[Stored items]

-- ===== src/Core/Events.antt =====
-- The interaction events of bridge/deskhelm_core/core.py: what a session's window holds and the
-- operator's stream carries. A payload is a value of its event's kind; `event_json` is the dict.
use Prim.Native.String.{count}
use deskhelm.Prelude.{
  ℕ, String, Bool, true, List, [], ◌∷◌, ◌++◌, Option, none, some, map, if◌then◌else◌,
}
use deskhelm.Json.{ℤ, Json, Object, pos, object, array}
use deskhelm.Json.Dumps.{dumps, plain}
use deskhelm.Protocol.Session.{SessionKey, key_fields}
use deskhelm.Protocol.Request.{RequestKind, Question, Answers, Choice}
use deskhelm.Protocol.Shapes.{MessageRole, MessagePhase, ToolPhase, ToolStatus, ResolvedBy, Tool}
use deskhelm.Protocol.Command.{answers_json}

pub data Decision : Type 0 where
  approve reject : Decision

-- How a request ended, as `_resolved` reports it.
pub record Resolution : Type 0 where
  pub kind : RequestKind
  pub request_id : String
  pub by : ResolvedBy
  pub decision : Option Decision
  pub answers : Option Answers
  pub unknown : Bool

pub data Payload : Type 0 where
  message : MessageRole → MessagePhase → String → Payload
  tool : Tool → Payload
  approval_request : String → String → ℕ → String → Payload
  user_input_required : String → String → String → List Question → ℕ → Bool → Bool → Payload
  resolved : Resolution → Payload
  attention : Bool → Payload
  task_completed : String → Payload
  task_failed : String → String → Payload

pub record Event : Type 0 where
  pub event_id : String
  pub key : SessionKey
  pub sequence : ℕ
  pub occurred_at : ℕ
  pub correlation_id : String
  pub payload : Payload

unfoldable pub kind_name : Payload → String
kind_name (Payload.message role phase text) = "message"
kind_name (Payload.tool t) = "tool"
kind_name (Payload.approval_request id summary expires_at detail) = "approval_request"
kind_name (Payload.user_input_required id prompt detail qs expires_at answerable blocking) =
    "user_input_required"
kind_name (Payload.resolved r) = elim r.kind [
  | RequestKind.approval ↦ "approval_resolved"
  | RequestKind.input ↦ "input_resolved"
]
kind_name (Payload.attention active) = "attention"
kind_name (Payload.task_completed text) = "task_completed"
kind_name (Payload.task_failed text code) = "task_failed"

role_name : MessageRole → String
role_name MessageRole.user = "user"
role_name MessageRole.assistant = "assistant"
role_name MessageRole.system = "system"

phase_name : MessagePhase → String
phase_name MessagePhase.delta = "delta"
phase_name MessagePhase.complete = "complete"

tool_phase_name : ToolPhase → String
tool_phase_name ToolPhase.start = "start"
tool_phase_name ToolPhase.output = "output"
tool_phase_name ToolPhase.complete = "complete"

tool_status_json : Option ToolStatus → Json
tool_status_json none = Json.null
tool_status_json (some ToolStatus.completed) = Json.str "completed"
tool_status_json (some ToolStatus.failed) = Json.str "failed"
tool_status_json (some ToolStatus.declined) = Json.str "declined"

exit_code_json : Option ℤ → Json
exit_code_json none = Json.null
exit_code_json (some z) = Json.int z

by_name : ResolvedBy → String
by_name ResolvedBy.native = "native"
by_name ResolvedBy.desk_helm = "deskhelm"
by_name ResolvedBy.cancelled = "cancelled"
by_name ResolvedBy.expired = "expired"

decision_member : Option Decision → Object
decision_member none = []
decision_member (some Decision.approve) = ("decision", Json.str "approve") ∷ []
decision_member (some Decision.reject) = ("decision", Json.str "reject") ∷ []

-- `if answers:` leaves an empty dict out.
answers_member : Option Answers → Object
answers_member none = []
answers_member (some []) = []
answers_member (some (a ∷ answers)) = ("answers", answers_json (a ∷ answers)) ∷ []

choice_json : Choice → Json
choice_json o = object (("label", Json.str o.label) ∷ ("description", Json.str o.description) ∷ [])

question_json : Question → Json
unfolding choice_json
question_json q = object (
    ("id", Json.str q.id)
    ∷ ("header", Json.str q.header)
    ∷ ("title", Json.str q.title)
    ∷ ("options", array (map choice_json q.options))
    ∷ ("other", Json.bool q.other)
    ∷ ("secret", Json.bool q.secret)
    ∷ [])

payload_fields : Payload → Object
unfolding role_name phase_name tool_phase_name tool_status_json exit_code_json by_name
    decision_member answers_member question_json
payload_fields (Payload.message role phase text) =
    ("role", Json.str (role_name role))
    ∷ ("phase", Json.str (phase_name phase))
    ∷ ("text", Json.str text)
    ∷ []
payload_fields (Payload.tool t) =
    ("tool_call_id", Json.str t.tool_ref)
    ∷ ("name", Json.str t.label)
    ∷ ("phase", Json.str (tool_phase_name t.phase))
    ∷ ("text", Json.str t.text)
    ∷ ("stream", t.stream)
    ∷ ("exit_code", exit_code_json t.exit_code)
    ∷ ("status", tool_status_json t.status)
    ∷ (if t.replace then ("replace", Json.bool true) ∷ [] else [])
payload_fields (Payload.approval_request id summary expires_at detail) =
    ("request_id", Json.str id)
    ∷ ("summary", Json.str summary)
    ∷ ("expires_at", Json.int (pos expires_at))
    ∷ ("detail", Json.str detail)
    ∷ []
payload_fields (Payload.user_input_required id prompt detail qs expires_at answerable blocking) =
    ("request_id", Json.str id)
    ∷ ("prompt", Json.str prompt)
    ∷ ("detail", Json.str detail)
    ∷ ("questions", array (map question_json qs))
    ∷ ("expires_at", Json.int (pos expires_at))
    ∷ ("answerable", Json.bool answerable)
    ∷ ("blocking", Json.bool blocking)
    ∷ []
payload_fields (Payload.resolved r) =
    ("request_id", Json.str r.request_id)
    ∷ ("by", Json.str (by_name r.by))
    ∷ (decision_member r.decision
        ++ (answers_member r.answers
            ++ (if r.unknown then ("unknown", Json.bool true) ∷ [] else [])))
payload_fields (Payload.attention active) =
    ("reason", Json.str "approval") ∷ ("active", Json.bool active) ∷ []
payload_fields (Payload.task_completed text) =
    ("message", Json.str text) ∷ ("error_code", Json.str "") ∷ []
payload_fields (Payload.task_failed text code) =
    ("message", Json.str text) ∷ ("error_code", Json.str code) ∷ []

event_json : Event → Json
unfolding kind_name key_fields payload_fields
event_json e = object (
    ("event_id", Json.str e.event_id)
    ∷ ("kind", Json.str (kind_name e.payload))
    ∷ (key_fields e.key
        ++ (("sequence", Json.int (pos e.sequence))
            ∷ ("occurred_at", Json.int (pos e.occurred_at))
            ∷ ("correlation_id", Json.str e.correlation_id)
            ∷ ("payload", object (payload_fields e.payload))
            ∷ [])))

-- `len(json.dumps(event, ensure_ascii=False))`
unfoldable pub size : Event → ℕ
unfolding event_json dumps
size e = count (dumps plain (event_json e))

Problem statement: All the entries are to be reproduced verbatim.

Answer for this exercise:
-- ===== src/Core/Events.antt =====
-- The interaction events of bridge/deskhelm_core/core.py: what a session's window holds and the
-- operator's stream carries. A payload is a value of its event's kind; `event_json` is the dict.
use Prim.Native.String.{count}
use deskhelm.Prelude.{
  ℕ, String, Bool, true, List, [], ◌∷◌, ◌++◌, Option, none, some, map, if◌then◌else◌,
}
use deskhelm.Json.{ℤ, Json, Object, pos, object, array}
use deskhelm.Json.Dumps.{dumps, plain}
use deskhelm.Protocol.Session.{SessionKey, key_fields}
use deskhelm.Protocol.Request.{RequestKind, Question, Answers, Choice}
use deskhelm.Protocol.Shapes.{MessageRole, MessagePhase, ToolPhase, ToolStatus, ResolvedBy, Tool}
use deskhelm.Protocol.Command.{answers_json}

pub data Decision : Type 0 where
  approve reject : Decision

-- How a request ended, as `_resolved` reports it.
pub record Resolution : Type 0 where
  pub kind : RequestKind
  pub request_id : String
  pub by : ResolvedBy
  pub decision : Option Decision
  pub answers : Option Answers
  pub unknown : Bool

pub data Payload : Type 0 where
  message : MessageRole → MessagePhase → String → Payload
  tool : Tool → Payload
  approval_request : String → String → ℕ → String → Payload
  user_input_required : String → String → String → List Question → ℕ → Bool → Bool → Payload
  resolved : Resolution → Payload
  attention : Bool → Payload
  task_completed : String → Payload
  task_failed : String → String → Payload

pub record Event : Type 0 where
  pub event_id : String
  pub key : SessionKey
  pub sequence : ℕ
  pub occurred_at : ℕ
  pub correlation_id : String
  pub payload : Payload

unfoldable pub kind_name : Payload → String
kind_name (Payload.message role phase text) = "message"
kind_name (Payload.tool t) = "tool"
kind_name (Payload.approval_request id summary expires_at detail) = "approval_request"
kind_name (Payload.user_input_required id prompt detail qs expires_at answerable blocking) =
    "user_input_required"
kind_name (Payload.resolved r) = elim r.kind [
  | RequestKind.approval ↦ "approval_resolved"
  | RequestKind.input ↦ "input_resolved"
]
kind_name (Payload.attention active) = "attention"
kind_name (Payload.task_completed text) = "task_completed"
kind_name (Payload.task_failed text code) = "task_failed"

role_name : MessageRole → String
role_name MessageRole.user = "user"
role_name MessageRole.assistant = "assistant"
role_name MessageRole.system = "system"

phase_name : MessagePhase → String
phase_name MessagePhase.delta = "delta"
phase_name MessagePhase.complete = "complete"

tool_phase_name : ToolPhase → String
tool_phase_name ToolPhase.start = "start"
tool_phase_name ToolPhase.output = "output"
tool_phase_name ToolPhase.complete = "complete"

tool_status_json : Option ToolStatus → Json
tool_status_json none = Json.null
tool_status_json (some ToolStatus.completed) = Json.str "completed"
tool_status_json (some ToolStatus.failed) = Json.str "failed"
tool_status_json (some ToolStatus.declined) = Json.str "declined"

exit_code_json : Option ℤ → Json
exit_code_json none = Json.null
exit_code_json (some z) = Json.int z

by_name : ResolvedBy → String
by_name ResolvedBy.native = "native"
by_name ResolvedBy.desk_helm = "deskhelm"
by_name ResolvedBy.cancelled = "cancelled"
by_name ResolvedBy.expired = "expired"

decision_member : Option Decision → Object
decision_member none = []
decision_member (some Decision.approve) = ("decision", Json.str "approve") ∷ []
decision_member (some Decision.reject) = ("decision", Json.str "reject") ∷ []

-- `if answers:` leaves an empty dict out.
answers_member : Option Answers → Object
answers_member none = []
answers_member (some []) = []
answers_member (some (a ∷ answers)) = ("answers", answers_json (a ∷ answers)) ∷ []

choice_json : Choice → Json
choice_json o = object (("label", Json.str o.label) ∷ ("description", Json.str o.description) ∷ [])

question_json : Question → Json
unfolding choice_json
question_json q = object (
    ("id", Json.str q.id)
    ∷ ("header", Json.str q.header)
    ∷ ("title", Json.str q.title)
    ∷ ("options", array (map choice_json q.options))
    ∷ ("other", Json.bool q.other)
    ∷ ("secret", Json.bool q.secret)
    ∷ [])

payload_fields : Payload → Object
unfolding role_name phase_name tool_phase_name tool_status_json exit_code_json by_name
    decision_member answers_member question_json
payload_fields (Payload.message role phase text) =
    ("role", Json.str (role_name role))
    ∷ ("phase", Json.str (phase_name phase))
    ∷ ("text", Json.str text)
    ∷ []
payload_fields (Payload.tool t) =
    ("tool_call_id", Json.str t.tool_ref)
    ∷ ("name", Json.str t.label)
    ∷ ("phase", Json.str (tool_phase_name t.phase))
    ∷ ("text", Json.str t.text)
    ∷ ("stream", t.stream)
    ∷ ("exit_code", exit_code_json t.exit_code)
    ∷ ("status", tool_status_json t.status)
    ∷ (if t.replace then ("replace", Json.bool true) ∷ [] else [])
payload_fields (Payload.approval_request id summary expires_at detail) =
    ("request_id", Json.str id)
    ∷ ("summary", Json.str summary)
    ∷ ("expires_at", Json.int (pos expires_at))
    ∷ ("detail", Json.str detail)
    ∷ []
payload_fields (Payload.user_input_required id prompt detail qs expires_at answerable blocking) =
    ("request_id", Json.str id)
    ∷ ("prompt", Json.str prompt)
    ∷ ("detail", Json.str detail)
    ∷ ("questions", array (map question_json qs))
    ∷ ("expires_at", Json.int (pos expires_at))
    ∷ ("answerable", Json.bool answerable)
    ∷ ("blocking", Json.bool blocking)
    ∷ []
payload_fields (Payload.resolved r) =
    ("request_id", Json.str r.request_id)
    ∷ ("by", Json.str (by_name r.by))
    ∷ (decision_member r.decision
        ++ (answers_member r.answers
            ++ (if r.unknown then ("unknown", Json.bool true) ∷ [] else [])))
payload_fields (Payload.attention active) =
    ("reason", Json.str "approval") ∷ ("active", Json.bool active) ∷ []
payload_fields (Payload.task_completed text) =
    ("message", Json.str text) ∷ ("error_code", Json.str "") ∷ []
payload_fields (Payload.task_failed text code) =
    ("message", Json.str text) ∷ ("error_code", Json.str code) ∷ []

event_json : Event → Json
unfolding kind_name key_fields payload_fields
event_json e = object (
    ("event_id", Json.str e.event_id)
    ∷ ("kind", Json.str (kind_name e.payload))
    ∷ (key_fields e.key
        ++ (("sequence", Json.int (pos e.sequence))
            ∷ ("occurred_at", Json.int (pos e.occurred_at))
            ∷ ("correlation_id", Json.str e.correlation_id)
            ∷ ("payload", object (payload_fields e.payload))
            ∷ [])))

-- `len(json.dumps(event, ensure_ascii=False))`
unfoldable pub size : Event → ℕ
unfolding event_json dumps
size e = count (dumps plain (event_json e))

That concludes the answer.